Hiç gülmüyordu.Şu an Rüzgar çok ciddiydi.

"Sana diyorum? "

"Seni umursadığım için geldim. Gerçekten iyi olup olmadığını görmek için.  " 

Beklemediğim bir şeydi... cevabı, kızarmama neden olmuştu.

"Hayret şaşırdım .. Sonunda anladın demek bir kuzeninin olduğunu. " 

Vereceği cevabı merakla beklerken Rüzgar'ın suratı düşmüştü.

"Kuzen" dedi....

Yüzüne o kadar yakından bakmak beni...heyecanlandırmıştı. O kadar güzeldi ki...nefesimi, soluğumu kesiyordu.

"Ve şimdi sıra sorduğum soruya geçelim. Onu seviyor musun ?"

Yine mi aynı konu? Kaşlarımı sinirle çattığımda, kısa, net ve ayrıca sinirle: "Evet," dedim.

Ama cümlemin ortasına :" Evet seni çok seviyorum hemde çok " diyemedim.

Yüzünü eğmişti. Tekrar başını kaldırdığında, tek kaşı kalmıştı.

"Emin misin? "

Neden bana bu kadar yakındı? Benden ne bekliyordu?

İşte ilginç sorunun ilginç cevabını vermek için dudaklarımı kıpırdattım.

"E...eminim "

"Peki bunu Berk 'e söylememi ister misin? "

Küçük bir tebessümle;

"Sen bilirsin"
 
Kaç dakikadır konuşuyorduk bilmiyorum ama uzun bır süre baķışmıştık.

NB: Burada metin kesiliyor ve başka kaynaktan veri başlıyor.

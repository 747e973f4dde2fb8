-- ===== src/Tests/Programs.antt =====
-- The theorems on the two on-chain programs, run on the sample's mint.
use token_22_cts.Prelude.{
  ℕ, suc, ◌<◌, ◌≡◌, refl, none, some, List, [], ◌∷◌, map, All, IsByte, from_le_bytes, arith,
}
use token_22_cts.Solana.{Bytes, AccountMeta, u64_mod}
use token_22_cts.Error.{ok}
use token_22_cts.Token22.{transfer_fee_config, frozen}
use token_22_cts.State.{MintSnapshot, decode_mint, decode_default_state}
use token_22_cts.Program.{AccountInfo, Runtime}
use token_22_cts.Agent.{
  execute_mandate, agent_id, pack, unpack, prepare, pay, mandate_address, process_instruction,
  execute_mandate_instruction,
}
use token_22_cts.Agent.Codec.{pack-unpack}
use token_22_cts.Agent.Mandate.{FailsOrPays, process_instruction-pays}
use token_22_cts.Agent.Client.{SameFee, prepare-execute_mandate, epoch_fee-expected_fee}
use token_22_cts.Probe
use token_22_cts.Probe.{ProbeInstruction, forward_approve}
use token_22_cts.Probe.Forward.{FailsOrForwards, process_instruction-forwards}
use token_22_cts.Tests.Sample.{at, coin_at, schedule, toy}

-- A runtime that counts its calls, and derives one address.
abbrev pub runtime : Runtime ℕ
runtime = record {
  clock_epoch = λ v. ok 4;
  find_program_address = λ seeds id. (at 60, 250);
  invoke_signed = λ i accounts seeds v. (ok tt, suc v);
}

abbrev pub info : ℕ → AccountInfo
info n = record { key = at n; owner = at 0; borrowed = ok (1 ∷ 6 ∷ []) }

abbrev infos : List AccountInfo
infos = info 2 ∷ info 7 ∷ info 3 ∷ info 60 ∷ info 0 ∷ []

abbrev pub packed : Bytes
packed = 0 ∷ 160 ∷ 15 ∷ 0 ∷ 0 ∷ 0 ∷ 0 ∷ 0 ∷ 0 ∷ []

abbrev packed_approve : Bytes
packed_approve = 1 ∷ 160 ∷ 15 ∷ 0 ∷ 0 ∷ 0 ∷ 0 ∷ 0 ∷ 0 ∷ []

is_u64 : 4_000 < u64_mod
is_u64 = omega arith

pub packed-All : All IsByte packed
packed-All = ground arith

unpacked : unpack packed ≡ ok (execute_mandate 4_000)
unfolding unpack from_le_bytes
unpacked = refl

pack-unpack_example : pack (execute_mandate 4_000) ≡ packed
pack-unpack_example = pack-unpack packed (execute_mandate 4_000) packed-All unpacked

process_instruction-pays_example :
    FailsOrPays toy runtime agent_id infos packed 0
      (process_instruction toy runtime agent_id infos packed 0)
process_instruction-pays_example = process_instruction-pays toy runtime agent_id infos packed 0

keys_match :
    map (λ (x : AccountInfo). x.key) infos
    ≡ map
        (λ (m : AccountMeta). m.pubkey)
        (execute_mandate_instruction toy runtime (at 2) coin_at (at 3) 4_000).accounts
unfolding execute_mandate_instruction mandate_address
keys_match = refl

prepare-execute_mandate_example :
    prepare toy runtime agent_id infos
      (execute_mandate_instruction toy runtime (at 2) coin_at (at 3) 4_000).instruction_data
      0
    ≡ pay toy runtime
        (record {
          first = info 2;
          second = info 7;
          third = info 3;
          fourth = info 60;
          fifth = info 0;
        })
        4_000
        (mandate_address toy runtime (at 2) (at 3) 4_000).1
        0
prepare-execute_mandate_example =
    prepare-execute_mandate toy runtime 0 (at 2) coin_at (at 3) 4_000 (info 2) (info 7) (info 3)
      (info 60) (info 0) is_u64 keys_match

abbrev pub coin_shot : MintSnapshot
coin_shot = record {
  address = coin_at;
  decimals = 6;
  supply = 1_000;
  mint_authority = some (at 20);
  freeze_authority = some (at 21);
  extensions = transfer_fee_config ∷ [];
  transfer_fee = some schedule;
  metadata_pointer = none;
  default_account_state = some frozen;
  close_authority = none;
  permanent_delegate = some (at 22);
  confidential = some (record { auditor_elgamal_pubkey = some (at 54) });
  confidential_fee = some (record { withdraw_withheld_authority_elgamal_pubkey = at 51 });
  metadata = none;
  data_len = 2;
  lamports = 1;
}

coin_decodes : decode_mint toy coin_at (1 ∷ 6 ∷ []) 1 ≡ ok coin_shot
unfolding decode_mint decode_default_state
coin_decodes = refl

epoch_fee-expected_fee_example : SameFee toy runtime 0 (info 7) 4 4_000 coin_shot schedule
epoch_fee-expected_fee_example =
    epoch_fee-expected_fee toy runtime 0 (info 7) (1 ∷ 6 ∷ []) coin_at 1 4 4_000 coin_shot schedule
      refl refl refl coin_decodes refl

process_instruction-forwards_example :
    FailsOrForwards toy runtime infos packed_approve 0
      (Probe.process_instruction toy runtime Probe.probe_id infos packed_approve 0)
process_instruction-forwards_example =
    process_instruction-forwards toy runtime Probe.probe_id infos packed_approve 0
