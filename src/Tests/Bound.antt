-- ===== src/Tests/Bound.antt =====
-- What a mandate binds, run with a derivation without collisions: an address is its preimage.
use mathlib.Core.List.{flatten}
use token_22_cts.Prelude.{
  ℕ, zero, suc, ◌≡◌, refl, ap, true, List, [], ◌∷◌, ◌++◌, bytes_eq, from_le_bytes, to_le_bytes,
}
use token_22_cts.Solana.{Bytes}
use token_22_cts.Error.{ok}
use token_22_cts.Cluster.Recorded.{is_ok}
use token_22_cts.Program.{AccountInfo, Runtime, FiveAccounts, next_five}
use token_22_cts.Agent.{
  agent_id, mandate_seeds, unpack, prepare, pay, read_mint, epoch_fee, process_instruction,
}
use token_22_cts.Agent.Binding.{mandate-binds}
use token_22_cts.Tests.Sample.{toy}
use token_22_cts.Tests.Programs.{runtime, info, packed, packed-All}

abbrev repeated : ℕ → ℕ → Bytes
repeated zero b = []
repeated (suc n) b = b ∷ repeated n b

abbrev bound_runtime : Runtime ℕ
bound_runtime = record runtime { find_program_address = λ seeds id. (flatten seeds, 250) }

collision_free :
    (seeds seeds' : List Bytes)
    → (bound_runtime.find_program_address seeds agent_id).0
      ≡ (bound_runtime.find_program_address seeds' agent_id).0
    → flatten seeds ++ ((bound_runtime.find_program_address seeds agent_id).1 ∷ [])
      ≡ flatten seeds' ++ ((bound_runtime.find_program_address seeds' agent_id).1 ∷ [])
collision_free seeds seeds' h = ap (λ (b : Bytes). b ++ (250 ∷ [])) h

abbrev accounts : FiveAccounts
unfolding mandate_seeds flatten
accounts = record {
  first = record (info 2) { key = repeated 32 2 };
  second = info 7;
  third = record (info 3) { key = repeated 32 3 };
  fourth = record (info 60) { key = flatten (mandate_seeds (repeated 32 2) (repeated 32 3) 4_000) };
  fifth = info 0;
}

abbrev five : List AccountInfo
five = accounts.first ∷ accounts.second ∷ accounts.third ∷ accounts.fourth ∷ accounts.fifth ∷ []

five_taken : next_five five ≡ ok accounts
unfolding next_five
five_taken = refl

paid : is_ok (process_instruction toy bound_runtime agent_id five packed 0).0 ≡ true
unfolding process_instruction prepare pay unpack next_five read_mint epoch_fee mandate_seeds flatten
    from_le_bytes to_le_bytes bytes_eq
paid = refl

mandate-binds_example :
    (repeated 32 2 ≡ repeated 32 2) × (repeated 32 3 ≡ repeated 32 3) × (packed ≡ packed)
unfolding accounts
mandate-binds_example =
    mandate-binds toy bound_runtime agent_id collision_free five five packed packed 0 0 accounts
      accounts five_taken five_taken refl refl refl refl packed-All packed-All paid paid refl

Daha doğrusu bana uzun gelmişti. Teneffüs zili caldığında Rüzgar bir adım geriledi.

"Artık gitmeliyim. "

O sırada  elini koluma koymuştu.

"Git artık "

Içimdeki bazı şeyler   gerçekler söylememi engelliyor ona bakmama mani oluyordu.Elini yavaşça kolumdan çekerek uzaklaştı. Kalbim 'dur! gitme!' desede...diyememiştim. 

Arkasını dönüp gideceği sırada Merve gelmişti yanıma. Bizden yavaş yavaş uzaklaşırken, Merve de o saçma sorusunu yöneltti.

"Lan on beş dakika  boyunca ne konuştunuz? "

Artık o ağlayan gözlerim sadece onun gidişini izliyordu...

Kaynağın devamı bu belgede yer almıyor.